Adzes traded across the oceans

Geochemical tests on various stone artefacts from an archaeological site in the Cook Islands seem to confirm theories that about nine centuries ago Polynesians were regularly sailing thousands of kilometres around what is now known as Oceania.

WikiCommonsadzes

There seem to have been deliberate journeys of colonization with repeated subsequent contact.

Culturally and economically important artefacts, such as stone adzes (illustrated) were traded with various islands, including those in the Samoa and Marquesas archipelagos up to 2,400 km (1,500 miles) away, indicating an “integrated society” despite the great separation.
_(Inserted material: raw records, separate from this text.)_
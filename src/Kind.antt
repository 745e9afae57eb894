-- ===== src/Kind.antt =====
-- proto/proto/messages.proto: the values of the protobuf plane, which prost turns into Rust types.
use tarwyn.Base.{ℕ, Bool, Option, List, Text}
use tarwyn.Base.Bytes.{Bytes}
use tarwyn.Base.Int.{ℤ}

-- `Coordinate`
pub record Coordinate : Type 0 where
  pub x : ℕ
  pub y : ℕ

pub record ControlPoint : Type 0 where
  pub x : ℕ
  pub y : ℕ
  pub rotation_degrees : Option ℕ

-- `BezierCurve`: its control points.
abbrev pub BezierCurve : Type 0
BezierCurve = List ControlPoint

-- `TraversalOptions`: a double is its bit pattern, and the direction the number on the wire.
pub record TraversalOptions : Type 0 where
  pub meters_per_second : Option ℕ
  pub final_rotation_degrees : Option ℕ
  pub acceleration_meters_per_second : Option ℕ
  pub face_nearest_reef_april_tag : Option Bool
  pub end_face_nearest_reef_april_tag_path_threshold_percentage : Option ℕ
  pub face_nearest_reef_april_tag_direction : Option ℤ
  pub final_rotation_turn_speed_factor : Option ℕ
  pub start_face_nearest_reef_april_tag_path_threshold_percentage : Option ℕ
  pub snap_to_nearest_april_tag : Option Bool
  pub april_tag_rotation_degrees_turn_speed_factor_per_step : Option ℕ

pub record BezierCurves : Type 0 where
  pub curves : List BezierCurve
  pub options : Option TraversalOptions

-- `supported_values::Kind`
pub data Kind : Type 0 where
  string : Text → Kind
  int32 : ℤ → Kind
  int64 : ℤ → Kind
  uint32 : ℕ → Kind
  uint64 : ℕ → Kind
  bool : Bool → Kind
  double : ℕ → Kind
  float : ℕ → Kind
  bytes : Bytes → Kind
  string_list : List Text → Kind
  float_list : List ℕ → Kind
  bytes_list : List Bytes → Kind
  bool_list : List Bool → Kind
  double_list : List ℕ → Kind
  integer_list : List ℤ → Kind
  long_list : List ℤ → Kind
  coordinate_list : List Coordinate → Kind
  bezier_curve : BezierCurve → Kind
  bezier_curves : BezierCurves → Kind
  bezier_curves_list : List BezierCurves → Kind

-- prost's writers and readers of the messages that travel inside a value.
pub record Prost : Type 0 where
  pub write_bytes_list : List Bytes → Bytes
  pub read_bytes_list : Bytes → Option (List Bytes)
  pub write_coordinates : List Coordinate → Bytes
  pub read_coordinates : Bytes → Option (List Coordinate)
  pub write_curve : BezierCurve → Bytes
  pub write_curves : BezierCurves → Bytes
  pub read_curves : Bytes → Option BezierCurves
  pub write_curves_list : List BezierCurves → Bytes
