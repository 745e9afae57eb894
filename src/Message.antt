-- ===== src/Message.antt =====
-- core/src/websocket/message.rs: control messages as JSON documents, value messages as bytes.
-- The text that serde_json prints for a document is not modelled.
pub mod Value
pub mod Parse
use tarwyn.Base.{ℕ, Bool, Option, none, some, List, map, Text, utf8}
use tarwyn.Json.{
  Json, Fields, Items, nil, cons, end, string, object, array, put, items_of, from_uint,
}
use tarwyn.Json

pub data ControlMessage : Type 0 where
  announce : Text → ℕ → Text → Fields → Option ℕ → ControlMessage
  unannounce : Text → ℕ → ControlMessage
  set_properties : Text → Fields → ControlMessage
  properties_update : Text → Fields → Option Bool → ControlMessage
  publish : Text → ℕ → Text → Fields → ControlMessage
  unpublish : ℕ → ControlMessage
  subscribe : List Text → ℕ → Fields → ControlMessage
  unsubscribe : ℕ → ControlMessage
  control_value : ℕ → Json → ControlMessage
  timestamp : ℕ → Json → ControlMessage
  keep_alive : ControlMessage

abbrev put_opt {ℓ} : {A : Type ℓ} → Text → (A → Json) → Option A → Fields → Fields
put_opt k make none m = m
put_opt k make (some a) m = put k (make a) m

-- The method and the parameters of a message.
unfoldable pub method_params : ControlMessage → Text × Fields
unfolding put
method_params (announce name id data_type properties pubuid) = (
  utf8 "announce",
  put_opt (utf8 "pubuid") from_uint pubuid (
      put (utf8 "properties") (object properties) (
        put (utf8 "type") (string data_type)
          (put (utf8 "id") (from_uint id) (put (utf8 "name") (string name) end)))),
)
method_params (unannounce name id) =
    (utf8 "unannounce", put (utf8 "id") (from_uint id) (put (utf8 "name") (string name) end))
method_params (properties_update name update ack) = (
  utf8 "properties",
  put_opt (utf8 "ack") Json.bool ack
      (put (utf8 "update") (object update) (put (utf8 "name") (string name) end)),
)
method_params (publish name pubuid data_type properties) = (
  utf8 "publish",
  put (utf8 "properties") (object properties) (
      put (utf8 "type") (string data_type)
        (put (utf8 "pubuid") (from_uint pubuid) (put (utf8 "name") (string name) end))),
)
method_params (unpublish pubuid) = (utf8 "unpublish", put (utf8 "pubuid") (from_uint pubuid) end)
method_params (subscribe topics subuid options) = (
  utf8 "subscribe",
  put (utf8 "options") (object options) (
      put (utf8 "subuid") (from_uint subuid)
        (put (utf8 "topics") (array (items_of (map (λ s. string s) topics))) end)),
)
method_params (unsubscribe subuid) =
    (utf8 "unsubscribe", put (utf8 "subuid") (from_uint subuid) end)
method_params (control_value topic_id value) =
    (utf8 "controlvalue", put (utf8 "value") value (put (utf8 "topic_id") (from_uint topic_id) end))
method_params (timestamp time value) =
    (utf8 "timestamp", put (utf8 "value") value (put (utf8 "timestamp") (from_uint time) end))
method_params (set_properties name update) = (
  utf8 "setproperties",
  put (utf8 "update") (object update) (put (utf8 "name") (string name) end),
)
method_params keep_alive = (utf8 "keepalive", end)

unfoldable pub to_json : ControlMessage → Json
unfolding method_params
to_json m =
    let (method, params) = method_params m in
    array (
      cons (object (put (utf8 "params") (object params) (put (utf8 "method") (string method) end)))
        nil)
All of this, particularly the high levels of seafaring and navigation skill required, well fits the biblical model of the post-Flood spread of intelligent people across the globe after the Tower of Babel dispersion.

  • Sailors leave ancient ‘fingerprints’ across Polynesia, uq.edu.au, July 2016.
  • Weisler, M.I. et al., Cook Island artifact geochemistry demonstrates spatial and temporal extent of pre-European interarchipelago voyaging in East Polynesia, PNAS 113(2):8150–8155, July 2016 | doi: 10.1073/pnas.1608130113.